*Description of the task*: Whenever the word "twice" shows up in a line of the data, copy that line.

** Opening Material for this exercise block **

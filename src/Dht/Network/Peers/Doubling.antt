-- ===== src/Dht/Network/Peers/Doubling.antt =====
-- pkg/dht/network.go, Store: a node to which a refusal suggests itself becomes its own peer.
use task_discovery_service.Prelude.{
  ℕ, ◌≡◌, refl, sym, ap, ◌∙◌, subst, Bool, true, false, ◌||◌, List, [], ◌∷◌, Text, text_eq,
  text_beq, text_beq_iff, nat_eq, nat_beq, if◌then◌else◌, is_some, arith, beq_refl, Bool-cases, inl,
  inr,
}
use task_discovery_service.Assoc.{lookup}
use task_discovery_service.Dht.{NodeId, Dht}
use task_discovery_service.Dht.Address.{hash_address}
use task_discovery_service.Dht.Ring.{add_peer}
use task_discovery_service.Dht.Ring.Order.{IsBuilt, add_peer-IsBuilt}
use task_discovery_service.Dht.Network.Store.{is_attempted, queue_closer}
use task_discovery_service.Dht.Network.Peers.Own.{
  occurrences, occurrences-ring, is_some-add_peer, add_peer-self,
}

or_true : (b : Bool) → (b || true) ≡ true
or_true true = refl
or_true false = refl

module _ (sha256 : Text → NodeId) where
  -- The ring is built from the peers, of which the node itself is one, or comes.
  record IsDoubled (id : NodeId) (d : Dht) : Type 0 where
    named : d.self.id ≡ id
    built : IsBuilt d
    own : is_some (lookup id d.peers) ≡ true

  module _ (task_hash : NodeId) (farthest now : ℕ) (attempted : List Text) where
    stays-IsDoubled :
        (suggested queue : List Text) (id : NodeId) (d : Dht)
        → IsDoubled id d
        → IsDoubled id (queue_closer sha256 task_hash farthest now attempted suggested queue d).1
    unfolding queue_closer
    stays-IsDoubled [] queue id d i = i
    stays-IsDoubled (addr ∷ suggested) queue id d i =
        stays-IsDoubled suggested _ id (add_peer sha256 addr now d) (record {
          named = ap (λ s. s.id) (add_peer-self sha256 addr now d) ∙ i.named;
          built = add_peer-IsBuilt sha256 addr now d i.built;
          own =
              is_some-add_peer sha256 addr now d id
              ∙ rw i.own (or_true (nat_beq (hash_address sha256 addr) id));
        })

    becomes-IsDoubled :
        (suggested queue : List Text) (own : Text) (d : Dht)
        → IsBuilt d
        → d.self.id ≡ hash_address sha256 own
        → is_attempted own suggested ≡ true
        → IsDoubled
            (hash_address sha256 own)
            (queue_closer sha256 task_hash farthest now attempted suggested queue d).1
    unfolding queue_closer
    becomes-IsDoubled [] queue own d b h s = absurd (ground arith)
    becomes-IsDoubled (addr ∷ suggested) queue own d b h s =
        let d' = add_peer sha256 addr now d in
        let named : d'.self.id ≡ hash_address sha256 own =
          ap (λ s. s.id) (add_peer-self sha256 addr now d) ∙ h in
        let built = add_peer-IsBuilt sha256 addr now d b in
        elim (Bool-cases (text_beq own addr)) [
          | inl e ↦
              let same : hash_address sha256 own ≡ hash_address sha256 addr =
                ap (hash_address sha256) ((text_beq_iff own addr).0 e) in
              stays-IsDoubled suggested _ _ d' (record {
                named = named;
                built = built;
                own =
                    is_some-add_peer sha256 addr now d (hash_address sha256 own)
                    ∙ rw (same, beq_refl (hash_address sha256 addr)) refl;
              })
          | inr e ↦ becomes-IsDoubled suggested _ own d' built named (ground arith)
        ]

    -- If a peer that refuses a task names the asking node among the closest ones, the node, whose
    -- identifier is the hash of its address and whose ring is built from its peers, stands in its
    -- own ring twice once Store has followed the suggestions.
    pub queue_closer-twice :
        (suggested queue : List Text) (d : Dht)
        → IsBuilt d
        → d.self.id ≡ hash_address sha256 d.self.address
        → is_attempted d.self.address suggested ≡ true
        → occurrences d.self.id
            (queue_closer sha256 task_hash farthest now attempted suggested queue d).1.ring
          ≡ 2
    queue_closer-twice suggested queue d b h s =
        let d' = (queue_closer sha256 task_hash farthest now attempted suggested queue d).1 in
        let i = becomes-IsDoubled suggested queue d.self.address d b h s in
        subst (λ id. occurrences id d'.ring ≡ (if is_some (lookup id d'.peers) then 2 else 1))
          (i.named ∙ sym h) (occurrences-ring d' i.built)
        ∙ ap (λ b. if b then 2 else 1) (ap (λ id. is_some (lookup id d'.peers)) h ∙ i.own)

** Closing Material for this exercise block **

*Answer box*:
    -- own ring twice once Store has followed the suggestions.
    pub queue_closer-twice :
    queue_closer-twice suggested queue d b h s =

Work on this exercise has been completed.